I think Swin-B weights are finetuned in COCO, so its open-set detection ability is heavily inferenced, for COCO only have 80 class. That is why you can detect dog and glasses well with Swin-B weights rather than light bulb~~

rohit901 commented 1 year ago

@rohit901 I think the main point is that Swin-T weights are fine tuned in COCO while Swin-B weights are not (just my conclusion, doesn't have to be the correct one)

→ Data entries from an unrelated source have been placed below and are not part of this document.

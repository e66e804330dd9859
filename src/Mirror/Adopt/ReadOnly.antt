-- ===== src/Mirror/Adopt/ReadOnly.antt =====
-- workspace/pipelinemirror_adopt.go: the adopt pass and the files of the repo.
use workspace_api.Base.{
  ℕ, ◌≡◌, refl, Bool, not, ◌&&◌, ◌||◌, Option, none, some, List, [], ◌∷◌, Text, same, mem, codes,
  is_empty, or_else, is_some, Map, lookup, Outcome, Result, ok, err, pipeline_already_exists, M,
  ◌>>=◌, ◌>>◌, pure, attempt, for_each, if◌then◌else◌, is_ok,
}
use workspace_api.Model.{
  Pipeline, Workspace, DefinitionRender, CredentialRender, file_adopted, file_refused,
}
use workspace_api.Postgres.{
  list_pipelines, update_pipeline, get_definition_renders, get_credential_renders,
  mark_definition_refused, import_pipeline,
}
use workspace_api.Mirror.Slug.{pipeline_file_slugs}
use workspace_api.Mirror.World.{RepoClient, World, Mirror, on_repo, on_db}
use workspace_api.Mirror.Files.{credential_path, slug_of, sorted_paths}
use workspace_api.Mirror.Effects.{
  IsRepo, Leaves, Leaves-bind, Leaves-if, Leaves-on_db, Leaves-attempt, Leaves-for_each,
}
use workspace_api.Mirror.Converge.{record_definition_render, tell, mark_credentials_external}
use workspace_api.Mirror.Converge.Steps.{Leaves-record, Leaves-tell, Leaves-get}
use workspace_api.Mirror.Converge.Credentials.{Leaves-mark}
use workspace_api.Mirror.Sync.{client_for}
use workspace_api.Mirror.Import.{
  ImportedSet, AdoptState, mark_reported, credential_path_for, tracked_paths, all_taken,
  report_import_skip, imported, import_parsed, import_file, import_paths, import_unrendered,
  parse_importable_pipeline,
}
use workspace_api.Mirror.Adopt.{
  refuse_adoption, adopt_parsed, adopt_in_tree, adopt_tracked, adopt_definition, load_adopt_state,
  is_foreign, flag_foreign, flag_with, flag_foreign_credential_files, adopt_with, adopt_customer,
  parse_adoptable_pipeline,
}

module _ {R : Type 0} (file : R → Text → Option Text) (m : Mirror R) (q : Text) where
  Leaves-pure : {A : Type 0} (a : A) → Leaves file (pure a) q
  Leaves-pure a w = refl

  Leaves-refuse : (p : Pipeline) (sha : Text) → Leaves file (refuse_adoption m p sha) q
  unfolding refuse_adoption
  Leaves-refuse p sha =
      let mark = mark_definition_refused p.id sha in
      let told = tell m p.customer_slug file_refused p.id in
      Leaves-bind file q (attempt (on_db mark)) (λ marked. if is_ok marked then told else pure tt)
        (Leaves-attempt file q (on_db mark) (Leaves-on_db file q mark))
        λ marked.
          Leaves-if file q (is_ok marked) told (pure tt)
            (Leaves-tell file m q p.customer_slug file_refused p.id) (Leaves-pure tt)

  Leaves-adopt_parsed :
      (now : ℕ) (p : Pipeline) (path sha : Text) (parsed : Outcome Text Pipeline)
      → Leaves file (adopt_parsed m now p path sha parsed) q
  unfolding adopt_parsed
  Leaves-adopt_parsed now p path sha (err reason) = Leaves-refuse p sha
  Leaves-adopt_parsed now p path sha (ok adopted) =
      let update = update_pipeline (record adopted { updated_at = now }) in
      let recorded = record_definition_render m p.id path sha in
      let told = tell m p.customer_slug file_adopted p.id in
      Leaves-bind file q (on_db update) (λ _. recorded >> told) (Leaves-on_db file q update)
        λ _.
          Leaves-bind file q recorded (λ _. told) (Leaves-record file m q p.id path sha)
            λ _. Leaves-tell file m q p.customer_slug file_adopted p.id

  Leaves-flag_with :
      (ps : List Pipeline) (age_tree : Map Text) (renders : Result (Map CredentialRender))
      → Leaves file (flag_with m ps age_tree renders) q
  unfolding flag_with flag_foreign
  Leaves-flag_with ps age_tree (err e) = Leaves-pure tt
  Leaves-flag_with ps age_tree (ok renders) =
      let slugs = pipeline_file_slugs ps in
      Leaves-for_each file q ps (flag_foreign m renders slugs age_tree) λ p.
        Leaves-if file q
          (not p.credentials_external
            && is_foreign m (lookup p.id renders)
                (lookup (credential_path (slug_of slugs p.id)) age_tree))
          (mark_credentials_external m p.id) (pure tt) (Leaves-mark file m p.id q) (Leaves-pure tt)

  Leaves-flag_foreign_credential_files :
      (slug : Text) (ps : List Pipeline) (age_tree : Map Text)
      → Leaves file (flag_foreign_credential_files m slug ps age_tree) q
  unfolding flag_foreign_credential_files
  Leaves-flag_foreign_credential_files slug ps age_tree =
      let read = attempt (on_db (get_credential_renders slug)) in
      Leaves-if file q (not m.credential_renders || not m.ownership) (pure tt)
        (read >>= flag_with m ps age_tree) (Leaves-pure tt)
        (Leaves-bind file q read (flag_with m ps age_tree)
          (Leaves-attempt file q (on_db (get_credential_renders slug))
            (Leaves-on_db file q (get_credential_renders slug)))
          (Leaves-flag_with ps age_tree))

  Leaves-report : (path sha reason : Text) → Leaves file (report_import_skip m path sha reason) q
  unfolding report_import_skip mark_reported
  Leaves-report path sha reason =
      Leaves-if file q (is_empty reason || not m.logger) (pure tt) (mark_reported m path sha)
        (Leaves-pure tt) (λ w. refl)

  Leaves-imported :
      (path sha : Text) (p : Pipeline) (taken : ImportedSet) (r : Result Pipeline)
      → Leaves file (imported m path sha p taken r) q
  unfolding imported
  Leaves-imported path sha p taken (ok row) =
      Leaves-bind file q (record_definition_render m p.id path sha) _
        (Leaves-record file m q p.id path sha) λ _ w. refl
  Leaves-imported path sha p taken (err pipeline_already_exists) =
      Leaves-bind file q
        (report_import_skip m path sha (codes "a pipeline with that id or name already exists")) _
        (Leaves-report path sha (codes "a pipeline with that id or name already exists"))
        λ _ w. refl
  Leaves-imported path sha p taken (err e) = λ w. refl

  Leaves-import_parsed :
      (st : AdoptState) (path sha : Text) (taken : ImportedSet) (parsed : Outcome Text Pipeline)
      → Leaves file (import_parsed m st path sha taken parsed) q
  unfolding import_parsed
  Leaves-import_parsed st path sha taken (err reason) =
      Leaves-bind file q (report_import_skip m path sha reason) _ (Leaves-report path sha reason)
        λ _ w. refl
  Leaves-import_parsed st path sha taken (ok parsed) =
      let external = is_some (lookup (credential_path_for path) st.age_tree) in
      let p : Pipeline = record parsed { credentials_external = external } in
      Leaves-bind file q (attempt (on_db (import_pipeline p))) (imported m path sha p taken)
        (Leaves-attempt file q (on_db (import_pipeline p))
          (Leaves-on_db file q (import_pipeline p)))
        (Leaves-imported path sha p taken)

  module _ (client : RepoClient R) (repo : IsRepo client file) (now : ℕ) (slug : Text) where
    Leaves-import_file :
        (st : AdoptState) (taken : ImportedSet) (path : Text)
        → Leaves file (import_file m client now slug st taken path) q
    unfolding import_file
    Leaves-import_file st taken path =
        Leaves-bind file q (on_repo (client.get_contents path)) _
          (Leaves-get file client repo none path q)
          λ got.
            Leaves-import_parsed st path (or_else (lookup path st.yaml_tree) []) taken
              (parse_importable_pipeline m now got.0 slug taken)

    Leaves-import_paths :
        (st : AdoptState) (tracked paths : List Text) (taken : ImportedSet)
        → Leaves file (import_paths m client now slug st tracked paths taken) q
    unfolding import_paths
    Leaves-import_paths st tracked [] taken = Leaves-pure tt
    Leaves-import_paths st tracked (path ∷ paths) taken =
        let rest : Bool × ImportedSet → M (World R) (Unit {0}) =
          λ r. import_paths m client now slug st tracked paths r.1 in
        Leaves-if file q (mem path tracked) (import_paths m client now slug st tracked paths taken)
          (import_file m client now slug st taken path >>= rest)
          (Leaves-import_paths st tracked paths taken)
          (Leaves-bind file q (import_file m client now slug st taken path) rest
            (Leaves-import_file st taken path) λ r. Leaves-import_paths st tracked paths r.1)

    Leaves-import_unrendered :
        (st : AdoptState) → Leaves file (import_unrendered m client now slug st) q
    unfolding import_unrendered
    Leaves-import_unrendered st =
        Leaves-if file q m.importer _ (pure tt)
          (Leaves-import_paths st (tracked_paths st.renders) (sorted_paths st.yaml_tree)
            (all_taken st.pipelines))
          (Leaves-pure tt)

    Leaves-adopt_in_tree :
        (p : Pipeline) (row : DefinitionRender) (sha : Option Text)
        → Leaves file (adopt_in_tree m client now p row sha) q
    unfolding adopt_in_tree
    Leaves-adopt_in_tree p row none = Leaves-pure tt
    Leaves-adopt_in_tree p row (some sha) =
        Leaves-if file q (same sha row.blob_sha || same sha row.refused_blob_sha) (pure tt) _
          (Leaves-pure tt)
          (Leaves-bind file q (on_repo (client.get_contents row.path)) _
            (Leaves-get file client repo none row.path q)
            λ got. Leaves-adopt_parsed now p row.path sha (parse_adoptable_pipeline m got.0 p))

    Leaves-adopt_definition :
        (renders : Map DefinitionRender) (tree : Map Text) (p : Pipeline)
        → Leaves file (adopt_definition m client now renders tree p) q
    unfolding adopt_definition adopt_tracked
    Leaves-adopt_definition renders tree p = tracked (lookup p.id renders)
      where
        tracked :
            (row : Option DefinitionRender) → Leaves file (adopt_tracked m client now p tree row) q
        tracked none = Leaves-pure tt
        tracked (some row) = Leaves-adopt_in_tree p row (lookup row.path tree)

    Leaves-load : (slug2 : Text) → Leaves file (load_adopt_state m client slug2) q
    unfolding load_adopt_state on_repo
    Leaves-load slug2 =
        Leaves-bind file q (on_repo client.list_tree) _ (λ w. repo.list_file w.repo q)
          λ tree.
            Leaves-bind file q (on_db (list_pipelines slug2)) _
              (Leaves-on_db file q (list_pipelines slug2))
              λ ps.
                Leaves-bind file q (on_db (get_definition_renders slug2)) _
                  (Leaves-on_db file q (get_definition_renders slug2)) λ rows w. refl

    Leaves-adopt_with : (ws : Workspace) → Leaves file (adopt_with m now slug (some (client, ws))) q
    unfolding adopt_with
    Leaves-adopt_with ws =
        Leaves-if file q (not m.definition_renders) (pure tt) _ (Leaves-pure tt) (
          Leaves-bind file q (load_adopt_state m client slug) _ (Leaves-load slug) λ st.
            let adopt =
              for_each st.pipelines (adopt_definition m client now st.renders st.yaml_tree) in
            let flag = flag_foreign_credential_files m slug st.pipelines st.age_tree in
            let import = import_unrendered m client now slug st in
            Leaves-bind file q (import >> adopt) (λ _. flag)
              (Leaves-bind file q import (λ _. adopt) (Leaves-import_unrendered st)
                λ _.
                  Leaves-for_each file q st.pipelines
                    (adopt_definition m client now st.renders st.yaml_tree)
                    (Leaves-adopt_definition st.renders st.yaml_tree))
              λ _. Leaves-flag_foreign_credential_files slug st.pipelines st.age_tree)

    -- The adopt pass of a customer in scope, whatever comes of it, leaves every file of the repo as it
    -- is.
    pub adopt_customer-ReadOnly :
        (ws : Workspace)
        → client_for m slug ≡ ok (some (client, ws))
        → (w : World R) → file (adopt_customer m now slug w).1.repo q ≡ file w.repo q
    unfolding adopt_customer
    adopt_customer-ReadOnly ws scope w = rw (scope, Leaves-adopt_with ws w)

I think Swin-B weights are finetuned in COCO, so its open-set detection ability is heavily inferenced, for COCO only have 80 class. That is why you can detect dog and glasses well with Swin-B weights rather than light bulb~~

the authors @rentainhe @SlongLiu can confirm

DianCh commented 1 year ago

May I ask where you guys downloaded the SwinB weight? The instruction in README only provided this link:

mkdir weights
cd weights
wget -q https://github.com/IDEA-Research/GroundingDINO/releases/download/v0.1.0-alpha/groundingdino_swint_ogc.pth
cd ..
iamnotthatbob commented 1 year ago

May I ask where you guys downloaded the SwinB weight? The instruction in README only provided this link:

mkdir weights
cd weights
wget -q https://github.com/IDEA-Research/GroundingDINO/releases/download/v0.1.0-alpha/groundingdino_swint_ogc.pth
cd ..

It's in the latest release (i.e. v0.1.0-alpha2). The direct link being: https://github.com/IDEA-Research/GroundingDINO/releases/download/v0.1.0-alpha2/groundingdino_swinb_cogcoor.pth.

Also, you would need to use this config file instead of the one used in most tutorials with SwinT.